Sermon of the Seven Suns

I think of how the universe is made of theories—
                assumptions and mathematical calculations attempting to shut down the human paradox and close Pandora’s Box,
                as if one day we might think up an escape route through the back door of the universe,
                throw ourselves into the void of everything and end up a hundred trillion light years away,
                just far enough not to hear
                when death comes cradling the hands of the collective human race in the darkest parts of day,
                whispering
                                                live
                                                                livelivelive
                                                I am coming.

 

At the death of day the mother of the universe curls herself around a hundred million solar systems,
                her breath sparking solar winds and blowing a little blue planet several degrees south on its axis;
                the Galilean moons stop for just a moment in their orbit and
                all sixty-two moons of Saturn laugh in tandem at the irony of existence—
the mother of the universe curls herself around a hundred million solar systems,
                weeping
                even as death passes a hand over her shoulders and
                whispers
                                                live
                                                                let them live
                                                I am coming.

 

Silence echoes across the universe and the murmur of celestial bodies fades with the light of a hundred million suns,
                all sixty-two of Saturn’s moons have stopped laughing
                and the mother of the universe goes softly into sleep
                as death strings every sun, moon, and planet around his neck in the absence of noise and grips the fading
                strands of time
                in his fist,
                whispering into the past
                                                live
                                                                livelivelive
                                                for I am coming.

This poem is about: 
Our world
Poetry Terms Demonstrated: 

Comments

mpetruso

The Sermon of the Seven Suns is, in Buddhist scripture, much like the western idea of Dooms Day or the End Time.
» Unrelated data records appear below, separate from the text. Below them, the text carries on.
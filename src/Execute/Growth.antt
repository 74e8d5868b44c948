-- ===== src/Execute/Growth.antt =====
-- actions.go, `executeAction`: what no action does, whatever it is and however it ends, to the audit log
-- and to the profile's registry.
use home_stack.Prelude.{
  Bool, true, false, ◌≡◌, refl, ◌⊎◌, inl, inr, List, Option, none, some, String, Result, ok, err,
  if◌then◌else◌, Option-cases, Outcome-cases, ◌==◌,
}
use home_stack.Actions.{ActionRequest, RunError, run_service_action}
use home_stack.Edits.{Disk, EditError, add_service, remove_service}
use home_stack.Edits.Atomic.{
  Loads, IsAtomic, replaced-IsAtomic, add_service-IsReplaced, remove_service-IsAtomic,
}
use home_stack.Artifacts.{Storage}
use home_stack.Deploy.{Host, DeployDiff, DeployError, diff, sync_profile, apply, sync_system}
use home_stack.Events.{Journal}
use home_stack.Execute.{
  State, Outcome, active_registry, system, host_at, ran, command, service_action, reload_script,
  reloaded, deployed, came_to_reload, sync, validate_command, caddy_validate_action,
  deploy_preview_action, after_apply, deploy_apply_action, edited, registry_add_action,
  registry_remove_action, perform,
}

module _ {W : Type 0} (run : List String → W → (String × Option RunError) × W) (bundle_dir : String)
    (h : Host) (disk : Storage) (j : Journal) (to_json : DeployDiff → String) where
  -- The log is as it was, and the registry as it was or one that loads.
  abbrev pub IsGentle : State W → Outcome run bundle_dir h disk j to_json → Type 0
  IsGentle st o =
      (o.1.log ≡ st.log)
      × ((o.1.profile.registry ≡ st.profile.registry)
          ⊎ Loads (system run bundle_dir h disk j to_json) o.1.profile.registry)

  either :
      (st : State W) (test : Bool) (x y : Outcome run bundle_dir h disk j to_json)
      → IsGentle st x
      → IsGentle st y
      → IsGentle st (if test then x else y)
  either st true x y hx hy = hx
  either st false x y hx hy = hy

  ran-IsGentle :
      (st : State W) (answer : (String × Option RunError) × W)
      → IsGentle st (ran run bundle_dir h disk j to_json st answer)
  ran-IsGentle st ((out, none), w) = (refl, inl refl)
  ran-IsGentle st ((out, some e), w) = (refl, inl refl)

  deployed-IsGentle :
      (st : State W) (result : Result DeployError String)
      → IsGentle st (deployed run bundle_dir h disk j to_json result st)
  deployed-IsGentle st (ok text) = (refl, inl refl)
  deployed-IsGentle st (err e) = (refl, inl refl)

  pub sync-IsGentle : (st : State W) → IsGentle st (sync run bundle_dir h disk j to_json st)
  unfolding sync
  sync-IsGentle st =
      let (answer, w) = run (reload_script run bundle_dir h disk j to_json) st.world in
      let (result, b) =
        sync_system (host_at run bundle_dir h disk j to_json st) bundle_dir disk
          (reloaded run bundle_dir h disk j to_json answer) st.bundle in
      deployed-IsGentle
        (record st {
          world = if came_to_reload run bundle_dir h disk j to_json result then w else st.world;
          bundle = b;
        })
        result

  -- A command after a part that was gentle.
  later :
      (st mid : State W)
      → (mid.log ≡ st.log)
        × ((mid.profile.registry ≡ st.profile.registry)
            ⊎ Loads (system run bundle_dir h disk j to_json) mid.profile.registry)
      → (answer : (String × Option RunError) × W)
      → IsGentle st (ran run bundle_dir h disk j to_json mid answer)
  later st mid mild ((out, none), w) = mild
  later st mid mild ((out, some e), w) = mild

  validate-IsGentle :
      (st : State W) → IsGentle st (caddy_validate_action run bundle_dir h disk j to_json st)
  unfolding caddy_validate_action
  validate-IsGentle st =
      let synced = sync run bundle_dir h disk j to_json st in
      let mild = sync-IsGentle st in
      elim (Option-cases synced.0.1) [
        | inr (f, failed) ↦ rw (failed, caddy_validate_action) mild
        | inl fine ↦
            rw (fine, caddy_validate_action)
              (later st synced.1 mild
                (run (validate_command run bundle_dir h disk j to_json) synced.1.world))
      ]

  preview-IsGentle :
      (st : State W) → IsGentle st (deploy_preview_action run bundle_dir h disk j to_json st)
  unfolding deploy_preview_action
  preview-IsGentle st =
      elim (Outcome-cases (
        diff (host_at run bundle_dir h disk j to_json st) bundle_dir (sync_profile h bundle_dir)
          st.bundle)) [
            | inl (d, done) ↦ rw (done, deploy_preview_action) (refl, inl refl)
            | inr (e, failed) ↦ rw (failed, deploy_preview_action) (refl, inl refl)
          ]

  after_apply-IsGentle :
      (st : State W) (text : String) (o : Outcome run bundle_dir h disk j to_json)
      → IsGentle st o
      → IsGentle st (after_apply run bundle_dir h disk j to_json text o)
  after_apply-IsGentle st text ((out, none), after) mild = mild
  after_apply-IsGentle st text ((out, some f), after) mild = mild

  apply-IsGentle :
      (st : State W) → IsGentle st (deploy_apply_action run bundle_dir h disk j to_json st)
  unfolding deploy_apply_action
  apply-IsGentle st =
      let tried =
        apply (host_at run bundle_dir h disk j to_json st) bundle_dir disk
          (sync_profile h bundle_dir) st.bundle in
      let applied : State W = record st { bundle = tried.1 } in
      elim (Outcome-cases tried.0) [
        | inr (e, failed) ↦ rw (failed, deploy_apply_action) (refl, inl refl)
        | inl (text, done) ↦
            rw (done, deploy_apply_action)
              (after_apply-IsGentle st text _ (
                later st applied (refl, inl refl)
                  (run (reload_script run bundle_dir h disk j to_json) st.world)))
      ]

  edited-IsGentle :
      (st : State W) (text : String) (done : Result EditError (Unit {0}) × Disk)
      → IsAtomic (system run bundle_dir h disk j to_json) st.profile done
      → IsGentle st (edited run bundle_dir h disk j to_json text st done)
  edited-IsGentle st text (ok u, profile) kept = (refl, kept)
  edited-IsGentle st text (err e, profile) kept = (refl, inl kept)

  add-IsGentle :
      (req : ActionRequest) (st : State W)
      → IsGentle st (registry_add_action run bundle_dir h disk j to_json req st)
  unfolding registry_add_action
  add-IsGentle req st =
      let sys = system run bundle_dir h disk j to_json in
      edited-IsGentle st _ (add_service sys req.target req.service st.profile) (
        replaced-IsAtomic sys st.profile _
          (add_service-IsReplaced sys req.target req.service st.profile))

  remove-IsGentle :
      (req : ActionRequest) (st : State W)
      → IsGentle st (registry_remove_action run bundle_dir h disk j to_json req st)
  unfolding registry_remove_action
  remove-IsGentle req st =
      let sys = system run bundle_dir h disk j to_json in
      edited-IsGentle st _ (remove_service sys req.target st.profile)
        (remove_service-IsAtomic sys req.target st.profile)

  service-IsGentle :
      (st : State W) (service action : String)
      → IsGentle st (service_action run bundle_dir h disk j to_json service action st)
  service-IsGentle st service action = ran-IsGentle st (
      run_service_action run bundle_dir (active_registry run bundle_dir h disk j to_json st) service
        action st.world)

  reload-IsGentle :
      (st : State W)
      → IsGentle st (
          command run bundle_dir h disk j to_json
            (reload_script run bundle_dir h disk j to_json)
            st)
  reload-IsGentle st =
      ran-IsGentle st (run (reload_script run bundle_dir h disk j to_json) st.world)

  pub perform-IsGentle :
      (req : ActionRequest) (st : State W)
      → IsGentle st (perform run bundle_dir h disk j to_json req st)
  unfolding perform
  perform-IsGentle req st =
      either st (req.action == "service.start") _ _ (service-IsGentle st req.target "start") (
        either st (req.action == "service.stop") _ _ (service-IsGentle st req.target "stop") (
          either st (req.action == "service.restart") _ _ (service-IsGentle st req.target "restart")
            (either st (req.action == "caddy.validate") _ _ (validate-IsGentle st) (
              either st (req.action == "caddy.reload") _ _ (reload-IsGentle st) (
                either st (req.action == "admin.restart") _ _
                  (service-IsGentle st "admin" "restart")
                  (either st (req.action == "deploy.preview") _ _ (preview-IsGentle st) (
                    either st (req.action == "deploy.apply") _ _ (apply-IsGentle st) (
                      either st (req.action == "registry.add") _ _ (add-IsGentle req st) (
                        either st (req.action == "registry.remove") _ _ (remove-IsGentle req st)
                          (refl, inl refl))))))))))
That being said, the Sermon is essentially the Buddha's predication of the end of the world as it descends into violence and social collapse and seven suns appear in the sky, each one causing subsequent ruin untilt he earth is consumed by inferno. The violence of the title metaphor is meant to be contrasted to the overall ambiguity and peacefulness of the universe, complex and outside of human understanding that it often is. Thus, in a time where increased gloablization and the advancement of military technology specifically have lead to an era where citizens from all aorund the gloabe are able to witness global violence and subsequently become desentized towards it--from watching the Ukranian protests of 2013 to the violence of militaary action cocerning the Middle East to the current Syrian refugee crisis--the poem is meant as a call for global solidarity. While there are many thngs out of our control, and many issues concerning the world are complex and out of reach for many of us, we need to work together and use our lives to shape the future for future generations, knowing that while we may not see change in our lifetimes, others will, and the fact that we will not see it should not change the fact that we should use the lives we have now for peace and the prosepct of a greater future.